Combinatorials for proofs will also turn the prime formulas into variable less formulas, and that is what I see manifest in the papers above. Maybe its better to direct this process in a special way by the quine/ bernays/jaeger approaches for set theory, instead of having a general FOL approach and then stepping into set theory.
I am not so sure about the advantages and disadvantages.
> Variables Explained Away > Willard V. Quine > Proceedings of the American Philosophical Society, Vol. 104, No. 3. > (Jun. 15, 1960), pp. 343-347.
> And that does "full" FOL in combinatory logic. (First order Logic > including relations)
> But it is hopelessly complicated. > and i am wondering about his major inversion Inv combinator.
If you do not involve set theory and when you are not interested in a proof theory, but only expressing formulas without variables. Then you can go along as follows:
The SKI conversion needs only be applied to expressions of the form lambda x.t.
Prime formulas do not have this form, so they stay as they are. Although they might include variables. These variables are later removed, when they are bound by quantifiers. The function symbols in the prime formulas are simply treated as new combinatorial constants and the variables as variables.
Example:
p(f(x),y) corresponds to (p (f x) y)
What remains are formulas which have the prime formulas in their leafs and conjunctions and quantifiers in the nodes. We should fix a set of junctions and quantifiers we would like to work with. Lets assume we restrict ourselfs to the following:
Now we introduce combinatorial constants for our set of junctions and quantifiers:
~A := (NEG A) A & B := (AND A B) exists x A := (EXISTS (lambda x.A))

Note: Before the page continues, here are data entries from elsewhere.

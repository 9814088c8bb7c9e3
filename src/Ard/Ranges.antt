-- ===== src/Ard/Ranges.antt =====
-- ardain/src/ard.rs: what reads of ranges of an entry return.
use ard_tools.Base.{
  ℕ, zero, suc, ◌+◌, ◌-◌, ◌^◌, ◌<◌, ◌≤◌, ◌≡◌, refl, sym, ap, ◌∙◌, List, [], ◌∷◌, ◌++◌, arith, min,
  length, take, drop, ok, length-drop, dec_lt, ◌≢◌,
}
use mathlib.Core.List.{append-nil}
use ard_tools.Arh.Meta.{FileMeta}
use ard_tools.Ard.{
  Decompressor, entry, skip_take, saturating_add, read, read_at, read_range, read_plain,
  read_compressed,
}

take_nil : (n : ℕ) → take {A = ℕ} n [] ≡ []
take_nil zero = refl
take_nil (suc n) = refl

drop_nil : (n : ℕ) → drop {A = ℕ} n [] ≡ []
drop_nil zero = refl
drop_nil (suc n) = refl

take_add : (m n : ℕ) (xs : List ℕ) → take (m + n) xs ≡ take m xs ++ take n (drop m xs)
take_add zero n xs = ap (λ k. take k xs) (omega arith)
take_add (suc m) n [] = take_nil (suc m + n) ∙ sym (take_nil n)
take_add (suc m) n (x ∷ xs) =
    ap (λ k. take k (x ∷ xs)) {y = suc (m + n)} (omega arith) ∙ ap (λ t. x ∷ t) (take_add m n xs)

pub drop_add : (m n : ℕ) (xs : List ℕ) → drop n (drop m xs) ≡ drop (m + n) xs
drop_add zero n xs = ap (λ k. drop k xs) (omega arith)
drop_add (suc m) n [] = drop_nil n ∙ sym (drop_nil (suc m + n))
drop_add (suc m) n (x ∷ xs) =
    drop_add m n xs ∙ ap (λ k. drop k (x ∷ xs)) {x = suc (m + n)} (omega arith)

pub take_all : (n : ℕ) (xs : List ℕ) → length xs ≤ n → take n xs ≡ xs
take_all zero [] h = refl
take_all zero (x ∷ xs) h = absurd (omega (arith, h))
take_all (suc n) [] h = refl
take_all (suc n) (x ∷ xs) h = ap (λ t. x ∷ t) (take_all n xs (omega (arith, h)))

pub take-min : (n : ℕ) (xs : List ℕ) → take (min n (length xs)) xs ≡ take n xs
take-min n xs = elim (dec_lt n (length xs)) [
  | yes short ↦ ap (λ k. take k xs) (omega arith)
  | no long ↦
      ap (λ k. take k xs) {y = length xs} (omega arith)
      ∙ take_all (length xs) xs (omega arith)
      ∙ sym (take_all n xs (omega arith))
]

-- The bytes of an entry from `offset_in_entry` on, at most `size` of them.
abbrev pub entry_range : List ℕ → FileMeta → ℕ → ℕ → List ℕ
entry_range bytes file offset_in_entry size =
    take (min (file.compressed_size - offset_in_entry) size)
      (drop (file.offset + offset_in_entry) bytes)

module _ (xbc1 : Decompressor) (bytes : List ℕ) (file : FileMeta)
    (plain : file.uncompressed_size ≡ 0)
    (fits : file.offset + file.compressed_size ≤ length bytes) where
  read_range_plain :
      (offset_in_entry size : ℕ)
      → offset_in_entry < 2 ^ 63
      → read_range xbc1 bytes (skip_take (entry file) offset_in_entry size)
        ≡ ok (entry_range bytes file offset_in_entry size)
  unfolding read_range read_at read_plain
  read_range_plain offset_in_entry size small =
      ground (arith, length-drop (file.offset + offset_in_entry) bytes)

  entry_range_add :
      (offset_in_entry m n : ℕ)
      → entry_range bytes file offset_in_entry (m + n)
        ≡ entry_range bytes file offset_in_entry m ++ entry_range bytes file (offset_in_entry + m) n
  entry_range_add offset_in_entry m n =
      let rest = drop (file.offset + offset_in_entry) bytes in
      elim (dec_lt (file.compressed_size - offset_in_entry) m) [
        | yes past ↦
            let all : min (file.compressed_size - offset_in_entry) (m + n)
                ≡ min (file.compressed_size - offset_in_entry) m =
              omega arith in
            let nothing : min (file.compressed_size - (offset_in_entry + m)) n ≡ 0 = omega arith in
            ap (λ k. take k rest) all
            ∙ sym (append-nil (entry_range bytes file offset_in_entry m))
            ∙ ap
                (λ k.
                  entry_range bytes file offset_in_entry m
                  ++ take k (drop (file.offset + (offset_in_entry + m)) bytes))
                (sym nothing)
        | no within ↦
            let whole : min (file.compressed_size - offset_in_entry) m ≡ m = omega arith in
            let more : min (file.compressed_size - offset_in_entry) (m + n)
                ≡ m + min (file.compressed_size - (offset_in_entry + m)) n =
              omega arith in
            let position : file.offset + offset_in_entry + m ≡ file.offset + (offset_in_entry + m) =
              omega arith in
            ap (λ k. take k rest) more
            ∙ take_add m (min (file.compressed_size - (offset_in_entry + m)) n) rest
            ∙ ap (λ t. take m rest ++ take (min (file.compressed_size - (offset_in_entry + m)) n) t)
                (drop_add (file.offset + offset_in_entry) m bytes ∙ ap (λ k. drop k bytes) position)
            ∙ ap (λ k. take k rest ++ entry_range bytes file (offset_in_entry + m) n) (sym whole)
      ]

  -- For an entry that is not compressed and lies within the file, and offsets below 2^63: reads of a range
  -- in two parts return the bytes that a read of the range returns.
  pub read_range-append :
      (offset_in_entry m n : ℕ)
      → offset_in_entry + m < 2 ^ 63
      → (front : List ℕ) × (back : List ℕ) × (read_range xbc1 bytes
            (skip_take (entry file) offset_in_entry m)
          ≡ ok front)
        × (read_range xbc1 bytes (skip_take (entry file) (offset_in_entry + m) n) ≡ ok back)
        × (read_range xbc1 bytes (skip_take (entry file) offset_in_entry (m + n))
            ≡ ok (front ++ back))
  read_range-append offset_in_entry m n small = (
    entry_range bytes file offset_in_entry m,
    entry_range bytes file (offset_in_entry + m) n,
    read_range_plain offset_in_entry m (omega (arith, small)),
    read_range_plain (offset_in_entry + m) n small,
    read_range_plain offset_in_entry (m + n) (omega (arith, small))
        ∙ ap ok (entry_range_add offset_in_entry m n),
  )

-- For a compressed entry that decompresses to `buf`, with the size that its header states and sizes below
-- 2^32: `read`, the read in full, returns as many bytes as the compressed entry has, while a range from 0
-- of at least the decompressed size returns all of `buf`.
pub read_compressed_cut :
    (xbc1 : Decompressor) (bytes buf : List ℕ) (file : FileMeta) (size : ℕ)
    → file.uncompressed_size ≢ 0
    → xbc1.decompress (drop file.offset bytes) ≡ ok (buf, length buf)
    → length buf < 2 ^ 32
    → file.compressed_size < 2 ^ 32
    → length buf ≤ size
    → (read xbc1 bytes (entry file) ≡ ok (take file.compressed_size buf))
      × (read_range xbc1 bytes (skip_take (entry file) 0 size) ≡ ok buf)
unfolding read read_range read_at read_compressed
read_compressed_cut xbc1 bytes buf file size stored shown small small' enough =
    let whole : min (saturating_add 0 size) (length buf) ≡ length buf = omega arith in
    let cut : min (saturating_add 0 file.compressed_size) (length buf)
        ≡ min file.compressed_size (length buf) =
      omega arith in
    (ground (arith, take-min file.compressed_size buf), ground (arith, take_all (length buf) buf))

The existential quatifier introduces a lambda abstraction which can be removed via the SKI combinatorials, which will also remove the x inside the quantified formula A.
Example:
forall y(q(y) -> p(y))
==
~exists y(q(y) & ~p(y))
==
(NEG (EXISTS (lambda y (AND (Q y) (NEG (P y))))))
== (*)
(NEG (EXISTS (S (S (K AND) (S (K Q) I)) (S (K NEG) (S (K P) I)))))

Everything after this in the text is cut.